Segment Start: Material for this exercise

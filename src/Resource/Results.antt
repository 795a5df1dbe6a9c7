-- ===== src/Resource/Results.antt =====
-- resource/validate.go: the result of one check, and the outcome names. Times, durations and
-- `meta:` are left out.
use syver.Prelude.{String, Bool, true, false, Option}
use syver.Value.{Value, nil}

-- SUCCESS, FAIL, SKIP, UNKNOWN
pub data Verdict : Type 0 where
  success fail skip unknown : Verdict

-- `matchers.MatcherResult`, of which this package reads the two values and the message.
pub record MatcherResult : Type 0 where
  pub actual : Value
  pub message : String
  pub expected : Value

pub record TestResult : Type 0 where
  pub successful : Bool
  pub skipped : Bool
  pub skip_reason : String
  pub resource_id : String
  pub resource_type : String
  pub property : String
  pub title : String
  pub result : Verdict
  pub error : Option String
  pub matcher_result : MatcherResult

abbrev pub no_matcher_result : MatcherResult
no_matcher_result = record { actual = nil; message = ""; expected = nil }

-- `ToOutcome`
unfoldable pub to_outcome : TestResult → String
to_outcome t = elim t.result [
  | success ↦ "pass"
  | fail ↦ "fail"
  | skip ↦ "skip"
  | unknown ↦ "unknown"
]

abbrev pub is_fail : Verdict → Bool
is_fail fail = true
is_fail _ = false

abbrev pub is_success : Verdict → Bool
is_success success = true
is_success _ = false
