-- ===== src/Resource/Reason.antt =====
-- resource/skip.go: oneLineSkipReason.
pub mod Laws
use Prim.Native.Char.{Char, code}
use syver.Prelude.{
  ℕ, String, concat, str_eq, Bool, false, ◌&&◌, ◌||◌, List, [], ◌∷◌, if◌then◌else◌, ◌==◌, leb,
}

-- `unicode.IsSpace`
abbrev pub is_space : ℕ → Bool
is_space c =
    (leb 9 c && leb c 13)
    || c == 0x20
    || c == 0x85
    || c == 0xa0
    || c == 0x1680
    || (leb 0x2000 c && leb c 0x200a)
    || c == 0x2028
    || c == 0x2029
    || c == 0x202f
    || c == 0x205f
    || c == 0x3000

abbrev pub flush : String × List String → List String
flush (word, words) = if str_eq word "" then words else word ∷ words

abbrev add_char : Char → String × List String → String × List String
add_char c (word, words) =
    if is_space (code c) then ("", flush (word, words)) else (String.◌∷◌ c word, words)

-- The word that the text begins with, and the words behind it.
unfoldable pub split_words : String → String × List String
split_words String.[] = ("", [])
split_words (String.◌∷◌ c s) = add_char c (split_words s)

-- `strings.Fields`
unfoldable pub fields : String → List String
unfolding split_words
fields s = flush (split_words s)

-- `strings.Join(words, " ")`
unfoldable pub join : List String → String
join [] = ""
join (word ∷ []) = word
join (word ∷ next ∷ words) = concat word (concat " " (join (next ∷ words)))

unfoldable pub one_line_skip_reason : String → String
unfolding fields join
one_line_skip_reason reason = join (fields reason)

Segment End: Material for this exercise

| What to work on |
Search the listing above for the word "unfolding", and copy every line that has it.

| Solution for this problem |
unfolding split_words
unfolding fields join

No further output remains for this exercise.